In the data below, which lines contain "none"? List them by copying each one.
═══ RECORD EXTRACTS
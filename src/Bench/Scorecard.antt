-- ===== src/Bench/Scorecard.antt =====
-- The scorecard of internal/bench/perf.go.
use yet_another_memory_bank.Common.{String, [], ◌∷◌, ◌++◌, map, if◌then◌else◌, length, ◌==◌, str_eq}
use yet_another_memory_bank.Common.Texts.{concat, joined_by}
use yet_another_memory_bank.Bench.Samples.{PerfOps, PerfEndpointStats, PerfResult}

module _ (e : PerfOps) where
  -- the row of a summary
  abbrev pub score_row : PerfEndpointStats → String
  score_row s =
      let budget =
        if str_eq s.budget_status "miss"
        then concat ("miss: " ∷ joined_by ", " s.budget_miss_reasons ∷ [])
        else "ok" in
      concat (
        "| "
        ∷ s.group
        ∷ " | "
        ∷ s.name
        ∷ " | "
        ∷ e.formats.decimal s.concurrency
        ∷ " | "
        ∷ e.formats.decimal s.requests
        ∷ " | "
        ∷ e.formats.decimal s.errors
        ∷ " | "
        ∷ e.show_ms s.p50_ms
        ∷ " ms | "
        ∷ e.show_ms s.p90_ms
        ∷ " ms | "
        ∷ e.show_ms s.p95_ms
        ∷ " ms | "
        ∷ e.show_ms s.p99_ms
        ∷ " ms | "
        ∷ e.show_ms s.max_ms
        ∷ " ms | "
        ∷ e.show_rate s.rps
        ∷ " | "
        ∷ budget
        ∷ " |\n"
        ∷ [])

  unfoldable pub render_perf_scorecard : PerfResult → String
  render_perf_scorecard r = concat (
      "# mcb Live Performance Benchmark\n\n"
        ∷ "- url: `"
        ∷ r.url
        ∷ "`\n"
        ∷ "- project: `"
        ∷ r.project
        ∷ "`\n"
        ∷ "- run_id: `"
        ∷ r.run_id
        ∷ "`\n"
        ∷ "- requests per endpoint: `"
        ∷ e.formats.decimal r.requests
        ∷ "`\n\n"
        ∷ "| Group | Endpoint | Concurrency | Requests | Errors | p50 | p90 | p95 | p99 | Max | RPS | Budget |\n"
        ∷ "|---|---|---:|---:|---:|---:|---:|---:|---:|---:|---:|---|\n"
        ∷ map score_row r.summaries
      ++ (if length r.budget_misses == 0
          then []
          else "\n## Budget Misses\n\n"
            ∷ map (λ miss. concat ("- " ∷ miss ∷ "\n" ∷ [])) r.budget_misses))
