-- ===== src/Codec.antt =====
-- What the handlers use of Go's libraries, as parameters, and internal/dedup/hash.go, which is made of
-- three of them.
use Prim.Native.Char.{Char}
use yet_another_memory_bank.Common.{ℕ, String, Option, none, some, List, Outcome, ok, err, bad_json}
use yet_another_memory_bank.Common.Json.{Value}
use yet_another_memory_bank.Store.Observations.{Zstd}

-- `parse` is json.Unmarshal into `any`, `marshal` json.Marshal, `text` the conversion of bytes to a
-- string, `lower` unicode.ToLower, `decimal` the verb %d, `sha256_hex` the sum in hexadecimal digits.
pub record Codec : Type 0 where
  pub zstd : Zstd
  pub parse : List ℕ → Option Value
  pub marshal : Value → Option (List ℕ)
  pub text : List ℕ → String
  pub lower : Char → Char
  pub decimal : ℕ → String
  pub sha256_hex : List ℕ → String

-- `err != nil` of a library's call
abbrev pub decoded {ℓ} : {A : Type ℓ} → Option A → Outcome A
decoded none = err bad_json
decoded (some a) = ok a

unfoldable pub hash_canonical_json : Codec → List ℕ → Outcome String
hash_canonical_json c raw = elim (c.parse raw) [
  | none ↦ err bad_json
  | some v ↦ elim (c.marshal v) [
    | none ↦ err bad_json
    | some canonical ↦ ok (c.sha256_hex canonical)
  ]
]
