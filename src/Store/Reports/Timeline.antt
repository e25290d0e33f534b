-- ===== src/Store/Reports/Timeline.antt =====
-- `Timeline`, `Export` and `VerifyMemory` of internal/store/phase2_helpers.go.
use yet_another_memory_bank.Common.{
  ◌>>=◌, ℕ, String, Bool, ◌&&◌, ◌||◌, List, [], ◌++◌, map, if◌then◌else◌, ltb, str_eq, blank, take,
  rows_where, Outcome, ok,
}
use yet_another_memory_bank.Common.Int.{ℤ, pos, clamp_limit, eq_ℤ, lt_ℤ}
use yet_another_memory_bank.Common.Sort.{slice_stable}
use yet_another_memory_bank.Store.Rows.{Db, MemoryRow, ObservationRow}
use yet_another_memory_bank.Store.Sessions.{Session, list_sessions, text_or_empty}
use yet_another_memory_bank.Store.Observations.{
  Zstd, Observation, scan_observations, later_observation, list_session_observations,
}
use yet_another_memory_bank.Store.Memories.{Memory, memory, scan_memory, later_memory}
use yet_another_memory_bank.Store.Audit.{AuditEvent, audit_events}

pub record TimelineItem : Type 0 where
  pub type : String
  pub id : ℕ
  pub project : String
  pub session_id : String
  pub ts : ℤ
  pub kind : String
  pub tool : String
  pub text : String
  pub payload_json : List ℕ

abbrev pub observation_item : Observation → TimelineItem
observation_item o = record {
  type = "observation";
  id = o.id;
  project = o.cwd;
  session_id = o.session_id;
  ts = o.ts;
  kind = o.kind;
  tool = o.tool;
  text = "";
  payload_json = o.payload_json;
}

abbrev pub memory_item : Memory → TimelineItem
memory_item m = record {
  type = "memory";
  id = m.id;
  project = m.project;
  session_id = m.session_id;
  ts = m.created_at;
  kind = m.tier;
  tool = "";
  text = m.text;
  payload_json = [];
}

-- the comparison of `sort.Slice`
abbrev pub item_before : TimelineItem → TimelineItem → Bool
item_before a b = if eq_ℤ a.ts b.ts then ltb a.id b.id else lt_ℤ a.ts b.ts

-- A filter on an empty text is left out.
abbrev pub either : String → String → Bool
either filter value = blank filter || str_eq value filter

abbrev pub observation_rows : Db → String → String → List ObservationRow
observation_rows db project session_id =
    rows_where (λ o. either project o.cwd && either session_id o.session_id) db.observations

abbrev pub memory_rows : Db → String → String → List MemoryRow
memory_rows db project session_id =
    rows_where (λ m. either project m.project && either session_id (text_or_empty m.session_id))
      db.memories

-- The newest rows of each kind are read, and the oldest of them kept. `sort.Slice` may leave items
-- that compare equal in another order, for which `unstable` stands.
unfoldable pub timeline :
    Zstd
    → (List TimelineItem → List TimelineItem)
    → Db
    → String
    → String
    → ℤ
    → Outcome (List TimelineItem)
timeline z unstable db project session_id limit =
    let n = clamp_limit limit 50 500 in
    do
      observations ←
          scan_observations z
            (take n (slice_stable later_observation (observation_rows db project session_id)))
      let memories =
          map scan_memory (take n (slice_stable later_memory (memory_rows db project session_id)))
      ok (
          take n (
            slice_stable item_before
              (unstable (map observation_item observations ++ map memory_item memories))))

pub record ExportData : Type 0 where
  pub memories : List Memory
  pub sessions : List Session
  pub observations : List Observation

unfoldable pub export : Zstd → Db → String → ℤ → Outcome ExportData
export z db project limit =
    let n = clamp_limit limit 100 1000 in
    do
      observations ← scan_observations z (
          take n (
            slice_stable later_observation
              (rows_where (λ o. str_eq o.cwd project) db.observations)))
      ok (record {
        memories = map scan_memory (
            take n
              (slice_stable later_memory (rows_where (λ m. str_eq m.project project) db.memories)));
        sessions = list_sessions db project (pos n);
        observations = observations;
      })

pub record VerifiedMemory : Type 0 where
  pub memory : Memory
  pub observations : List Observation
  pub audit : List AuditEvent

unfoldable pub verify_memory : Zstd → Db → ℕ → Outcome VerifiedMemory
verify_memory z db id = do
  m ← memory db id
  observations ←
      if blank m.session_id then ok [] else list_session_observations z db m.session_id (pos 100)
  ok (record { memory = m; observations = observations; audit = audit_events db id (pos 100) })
══════
§ **EXERCISE OUTPUT**:
use yet_another_memory_bank.Common.{ℕ, String, Option, none, some, List, Outcome, ok, err, bad_json}
decoded none = err bad_json
  | none ↦ err bad_json
    | none ↦ err bad_json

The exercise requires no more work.